As I step out of academia, I am realising more and more how the common sense there does not apply to other people. Many people have just not got the memo, and even if they did, they didn’t understand it.

Since I couldn’t find a readymade explanation for why wife jokes should be consigned to the annals of history, I decided to write one:

These jokes come from a long tradition of jokes that use women as the punchline. Remember the “dumb blonde” jokes that have thankfully died a quiet death? Either women are stupid or frivolous or talk too much. For example, the wife that cannot stop shopping or spending all her husband’s money.

A variation is the poor husband who has to face his wife’s ire (never mind, domestic violence rates). This was the joke that broke the camel’s back on my family group. The problem with the joke is twofold:

  1. It’s flat out tiresome. It’s been made so many times that it gets boring. Also constantly making the same joke about the same group of people is not just not very creative, it’s bullying. What else would you call picking on the same group of people? The punchline of these jokes is essentially – women be crazy ha ha ha. How many times do we have to hear that before we stop laughing?
  2. Jokes function best when they are punching up. A white person joking about being oppressed by a black person would probably fall flat. But when the same dynamic is translated into gender terms, anything goes apparently.
    Women are already subject to discrimination and oppression. (That is something middle-class men do not want to acknowledge became apparent in my family discussion). We may have made great strides in gender equality, but that project is far from finished, even in our privileged circles.
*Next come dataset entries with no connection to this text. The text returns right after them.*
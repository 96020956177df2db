-- ===== src/Runs/Missed.antt =====
-- How the missed runs of a job fold into one entry (src/scheduler-runs.ts).
use bfrost.Prelude.{
  ◌≤◌, String, Bool, true, false, not, ◌&&◌, List, [], ◌∷◌, ◌≡◌, refl, arith, length, length-take,
  keep, length-keep-le, All, Bool-cases, inl, inr, includes, Distinct, str_eq, eq_iff, ap, sym,
  keep-here, ◌∙◌, keep-skip, subst,
}
use bfrost.Platform.{Platform}
use bfrost.Runs.{
  RunRecord, MissedInput, newest_first, insert_by_start, save_runs, load_scheduler_runs,
  run_retention, missed_of, update_where, fold_missed, collapsed, record_missed_in,
  record_missed_scheduled_run, run_ids, is_recoverable_missed_run,
}
use bfrost.Runs.Fold.{IsFolded, collapsed-IsFolded}
use bfrost.Runs.Loads.{length-newest_first, take_all}

length-update :
    (test : RunRecord → Bool) (f : RunRecord → RunRecord) (runs : List RunRecord)
    → length (update_where test f runs) ≡ length runs
unfolding update_where
length-update test f [] = refl
length-update test f (x ∷ runs) = omega (arith, length-update test f runs)

-- A run that the test refuses goes unseen where it is put.
keep-insert_skip :
    (test : RunRecord → Bool) (p : Platform) (x : RunRecord) (runs : List RunRecord)
    → test x ≡ false
    → keep test (insert_by_start p x runs) ≡ keep test runs
unfolding insert_by_start
keep-insert_skip test p x [] e = ground (arith, e)
keep-insert_skip test p x (y ∷ runs) e = ground (arith, e, keep-insert_skip test p x runs e)

keep-insert_here :
    (test : RunRecord → Bool) (p : Platform) (x : RunRecord) (runs : List RunRecord)
    → test x ≡ true
    → keep test runs ≡ []
    → keep test (insert_by_start p x runs) ≡ x ∷ []
unfolding insert_by_start
keep-insert_here test p x [] e h = ground (arith, e)
keep-insert_here test p x (y ∷ runs) e h = ground (arith, e, keep-insert_here test p x runs e)

keep-newest_none :
    (test : RunRecord → Bool) (p : Platform) (runs : List RunRecord)
    → keep test runs ≡ []
    → keep test (newest_first p runs) ≡ []
unfolding newest_first
keep-newest_none test p [] h = refl
keep-newest_none test p (x ∷ runs) h = elim (Bool-cases (test x)) [
  | inl e ↦ let absurd = sym (keep-here test x runs e) ∙ h in cc
  | inr e ↦
      keep-insert_skip test p x (newest_first p runs) e
      ∙ keep-newest_none test p runs (sym (keep-skip test x runs e) ∙ h)
]

-- The order plays no part where one run alone passes the test.
keep-newest_one :
    (test : RunRecord → Bool) (p : Platform) (runs : List RunRecord) (one : RunRecord)
    → keep test runs ≡ one ∷ []
    → keep test (newest_first p runs) ≡ one ∷ []
unfolding newest_first
keep-newest_one test p [] one h = cc
keep-newest_one test p (x ∷ runs) one h = elim (Bool-cases (test x)) [
  | inl e ↦
      let same = sym (keep-here test x runs e) ∙ h in
      let none_left : keep test runs ≡ [] = cc in
      let is_one : x ≡ one = cc in
      keep-insert_here test p x (newest_first p runs) e (keep-newest_none test p runs none_left)
      ∙ ap (λ run. run ∷ []) is_one
  | inr e ↦
      keep-insert_skip test p x (newest_first p runs) e
      ∙ keep-newest_one test p runs one (sym (keep-skip test x runs e) ∙ h)
]

-- The runs that are left when those with one of the ids are taken out and one is replaced.
abbrev refold : String → RunRecord → List String → List RunRecord → List RunRecord
refold id merged ids runs =
    update_where (λ run. str_eq run.id id) (λ _. merged)
      (keep (λ run. not (includes ids run.id)) runs)

refold-none :
    (test : RunRecord → Bool) (id : String) (merged : RunRecord) (ids : List String)
    (runs : List RunRecord)
    → includes (run_ids runs) id ≡ false
    → All (λ run. test run ≡ true → includes ids run.id ≡ true) runs
    → keep test (refold id merged ids runs) ≡ []
unfolding update_where
refold-none test id merged ids [] h a = refl
refold-none test id merged ids (x ∷ runs) h a =
    ground (arith, a.0, refold-none test id merged ids runs, eq_iff x.id id)

includes-run_ids-keep :
    (test : RunRecord → Bool) (runs : List RunRecord) (id : String)
    → includes (run_ids runs) id ≡ false
    → includes (run_ids (keep test runs)) id ≡ false
includes-run_ids-keep test [] id h = refl
includes-run_ids-keep test (x ∷ runs) id h = ground (arith, includes-run_ids-keep test runs id)

All-in_kept :
    (test : RunRecord → Bool) (ids : List String) (runs : List RunRecord)
    → All (λ run. test run ≡ true → includes ids run.id ≡ true) runs
    → (id : String) → All (λ run. test run ≡ true → includes (id ∷ ids) run.id ≡ true) runs
All-in_kept test ids [] a id = tt
All-in_kept test ids (x ∷ runs) a id =
    ((λ h. ground (arith, a.0 h)), All-in_kept test ids runs a.1 id)

kept_ids :
    (test : RunRecord → Bool) (runs : List RunRecord)
    → All (λ run. test run ≡ true → includes (run_ids (keep test runs)) run.id ≡ true) runs
kept_ids test [] = tt
kept_ids test (x ∷ runs) = elim (Bool-cases (test x)) [
  | inl e ↦
      subst
        (λ kept. All (λ run. test run ≡ true → includes (run_ids kept) run.id ≡ true) (x ∷ runs))
        (sym (keep-here test x runs e))
        (
          (λ h. ground (arith, eq_iff x.id x.id)),
          All-in_kept test (run_ids (keep test runs)) runs (kept_ids test runs) x.id,
        )
  | inr e ↦
      subst
        (λ kept. All (λ run. test run ≡ true → includes (run_ids kept) run.id ≡ true) (x ∷ runs))
        (sym (keep-skip test x runs e)) ((λ h. cc), kept_ids test runs)
]

refold_here :
    (test : RunRecord → Bool) (x : RunRecord) (runs : List RunRecord) (merged : RunRecord)
    → test merged ≡ true
    → Distinct (run_ids (x ∷ runs))
    → keep test (refold x.id merged (run_ids (keep test runs)) (x ∷ runs)) ≡ merged ∷ []
unfolding update_where
refold_here test x runs merged m d = ground (
  arith,
  m,
  eq_iff x.id x.id,
  includes-run_ids-keep test runs x.id d.0,
  refold-none test x.id merged (run_ids (keep test runs)) runs d.0 (kept_ids test runs),
)

-- An id of the runs that are kept is an id of the runs.
kept_apart :
    (test : RunRecord → Bool) (runs : List RunRecord) (existing : RunRecord)
    (surplus : List RunRecord) (id : String)
    → keep test runs ≡ existing ∷ surplus
    → includes (run_ids runs) id ≡ false
    → includes (run_ids (existing ∷ surplus)) id ≡ false
kept_apart test runs existing surplus id h a =
    subst (λ kept. includes (run_ids kept) id ≡ false) h (includes-run_ids-keep test runs id a)

refold_skip :
    (test : RunRecord → Bool) (x : RunRecord) (runs : List RunRecord) (existing : RunRecord)
    (surplus : List RunRecord) (merged : RunRecord)
    → test x ≡ false
    → Distinct (run_ids (x ∷ runs))
    → keep test runs ≡ existing ∷ surplus
    → keep test (refold existing.id merged (run_ids surplus) (x ∷ runs))
      ≡ keep test (refold existing.id merged (run_ids surplus) runs)
unfolding update_where
refold_skip test x runs existing surplus merged e d h =
    let apart = kept_apart test runs existing surplus x.id h d.0 in
    ground (arith, e, apart, eq_iff x.id existing.id, eq_iff existing.id x.id)

-- Where the ids differ, the entry that is first stands alone for all that passed the test.
refold-one :
    (test : RunRecord → Bool) (runs : List RunRecord) (existing : RunRecord)
    (surplus : List RunRecord) (merged : RunRecord)
    → test merged ≡ true
    → Distinct (run_ids runs)
    → keep test runs ≡ existing ∷ surplus
    → keep test (refold existing.id merged (run_ids surplus) runs) ≡ merged ∷ []
refold-one test [] existing surplus merged m d h = cc
refold-one test (x ∷ runs) existing surplus merged m d h = elim (Bool-cases (test x)) [
  | inl e ↦
      let same = sym (keep-here test x runs e) ∙ h in
      let is_surplus : surplus ≡ keep test runs = cc in
      let is_existing : existing ≡ x = cc in
      subst (λ s. keep test (refold existing.id merged (run_ids s) (x ∷ runs)) ≡ merged ∷ [])
        (sym is_surplus)
        (subst
          (λ r. keep test (refold r.id merged (run_ids (keep test runs)) (x ∷ runs)) ≡ merged ∷ [])
          (sym is_existing) (refold_here test x runs merged m d))
  | inr e ↦
      let later_kept = sym (keep-skip test x runs e) ∙ h in
      refold_skip test x runs existing surplus merged e d later_kept
      ∙ refold-one test runs existing surplus merged m d.1 later_kept
]

keep-head :
    (test : RunRecord → Bool) (runs : List RunRecord) (one : RunRecord) (rest : List RunRecord)
    → keep test runs ≡ one ∷ rest
    → test one ≡ true
keep-head test [] one rest h = cc
keep-head test (x ∷ runs) one rest h = ground (arith, keep-head test runs one rest)

bounded_load :
    (p : Platform) (stored : List RunRecord)
    → length (load_scheduler_runs p stored run_retention) ≤ run_retention
unfolding load_scheduler_runs
bounded_load p stored = omega (arith, length-take run_retention (newest_first p stored))

-- A write of runs of which one alone passes a test, and that are not too many, keeps this one.
save-one :
    (test : RunRecord → Bool) (p : Platform) (runs : List RunRecord) (one : RunRecord)
    → length runs ≤ run_retention
    → keep test runs ≡ one ∷ []
    → keep test (save_runs p runs) ≡ one ∷ []
unfolding save_runs
save-one test p runs one b h =
    ap (λ kept. keep test kept)
      (take_all run_retention (newest_first p runs) (omega (arith, b, length-newest_first p runs)))
    ∙ keep-newest_one test p runs one h

record_missed-one :
    (p : Platform) (stored : List RunRecord) (id : String) (input : MissedInput)
    (existing : RunRecord) (surplus : List RunRecord)
    → Distinct (run_ids (load_scheduler_runs p stored run_retention))
    → missed_of input.job (load_scheduler_runs p stored run_retention) ≡ existing ∷ surplus
    → missed_of input.job (record_missed_scheduled_run p stored id input).1
      ≡ collapsed p input existing surplus ∷ []
unfolding record_missed_scheduled_run missed_of fold_missed collapsed record_missed_in
    is_recoverable_missed_run
record_missed-one p stored id input existing surplus d h =
    let runs = load_scheduler_runs p stored run_retention in
    let test : RunRecord → Bool =
      λ run. is_recoverable_missed_run run && str_eq run.job input.job in
    let merged = collapsed p input existing surplus in
    let passes : test merged ≡ true = keep-head test runs existing surplus h in
    let folded = refold existing.id merged (run_ids surplus) runs in
    let fits : length folded ≤ run_retention = omega (
      arith,
      length-update (λ run. str_eq run.id existing.id) (λ _. merged)
          (keep (λ run. not (includes (run_ids surplus) run.id)) runs),
      length-keep-le (λ run. not (includes (run_ids surplus) run.id)) runs,
      bounded_load p stored,
    ) in
    subst (λ found. keep test (record_missed_in p id input runs found).1 ≡ merged ∷ []) (sym h)
      (save-one test p folded merged fits (refold-one test runs existing surplus merged passes d h))

-- When a run of a job is missed and the loaded runs, whose ids differ, hold missed runs of this job,
-- then afterwards the job has one missed run. It has the id of the first of the old ones, names the model
-- of the new one and counts the slots of all of them and one more. Where both times can be read, its slot
-- and its error are those of the new miss if this is the later one, and those of the first old one if not.
pub record_missed-folds :
    (p : Platform) (stored : List RunRecord) (id : String) (input : MissedInput)
    (existing : RunRecord) (surplus : List RunRecord)
    → Distinct (run_ids (load_scheduler_runs p stored run_retention))
    → missed_of input.job (load_scheduler_runs p stored run_retention) ≡ existing ∷ surplus
    → (one : RunRecord) × (missed_of input.job (record_missed_scheduled_run p stored id input).1
        ≡ one ∷ [])
      × IsFolded p input existing surplus one
record_missed-folds p stored id input existing surplus d h = (
  collapsed p input existing surplus,
  record_missed-one p stored id input existing surplus d h,
  collapsed-IsFolded p input existing surplus,
)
Men still rule the roost.
  3. Given the above, jokes which cast men as being at the mercy of their wives are particularly galling. In a similar way to how Indian goddesses as trotted out as examples of how enlightened Indian culture is, these jokes purport that women are supreme in their homes, when the reality is anything but. While women have carved out the home as a source of power for themselves, having not been given the choice to do anything else for centuries, it is still often the man – who has the benefit of economic independence and the whole patriarchal infrastructure shoring up his sense of self worth and entitlement – in most families, who calls the shots in the final analysis even in the home.
    Moreover, like the mythological goddesses, there is a suggestion latent in these jokes of women going too far, of their power (however limited in reality) being in danger of actually threatening men. The joke thus functions as a way of circumscribing what is essentially seen as a transgression of women by ridiculing them.
    Have men ever wondered why women talk so much anyway? Perhaps because they don’t have the luxury of saying just a single word and being heeded at once.
  4. The other problem with these jokes is that they perpetuate stereotypes of men and women that are in the “men are from Mars, women are from Venus” vein. This is the very idea that has conveniently kept women out of many spheres arbitrarily deemed the exclusive province of men on “natural” grounds. “Arbitrarily” because from a scientific point of view, men and women are much more alike than different. Many of the differences we insist on seeing, if they exist at all, are the result of social conditioning. So there’s a self-fulfilling prophecy at work here: men and women are different because we insist on saying that they are, and these jokes are part of that narrative.
    The ineluctable difference between men and women is often both the punchline of the joke and its defence. Thus, when it is pointed out that it’s rather cruel to denigrate a group that is already oppressed, the oppression of women itself is called into question. Men and women both have their strengths, we are told. Sure, everyone has their strengths, though I tend to think our strengths are much more individually differentiated, rather than being part of some lumpen “women’s strengths”. Even if one accepts that women as a group have particular “women’s strengths”, we have been historically prevented from exercising them on an equal footing with men.
    The “men and women have their strengths” line is a nice way of saying “stay in your lane, ladies” (and that lane just happens to be subordinate but we’ll be nice and not say so). It’s similar to people justifying the caste system on the grounds that we need this hierarchy for society to work.
    Yes, we know, the world will fall apart if women wear pants, literally or metaphorically. And if such a dastardly eventually were to come to pass, how can men cope by pointing fingers and laughing.
  5. But but “dad jokes” and “inept husband who doesn’t do any work” jokes! How is it that women can poke fun at men? First, see point 2.
    Then, think about how frequently we hear “dad jokes” versus “wife jokes”.
    Finally, I do not find “inept husband” jokes funny. Men refusing to pitch in with the housework and the double burden women carry has serious consequences for women.
  6. So obviously one will finally be accused of, in nicer terms of course, being a humourless feminist bitch. Usually, it is phrased as “no one will be able to make any jokes anymore if everyone gets offended”. The threat of a world without humour has been ongoing for decades at least but as far as I can see, despite the best efforts of us social justice warriors, humour has not died. In fact, dare I say that we have landed up with better humour? Think of stand-up comedy today versus what it was a couple of decades ago when being funny was basically pointing to people who looked different and alughing. Comedians are now forced to reach higher than the lowest hanging fruit and that’s a good thing.
    Try harder, dudes. I’m sure you might actually be funny one day.



Oscar frocks 2020



I had been meaning to do Grammy picks, Bafta picks etc but never got around to it. So anyway, here are my Oscar picks.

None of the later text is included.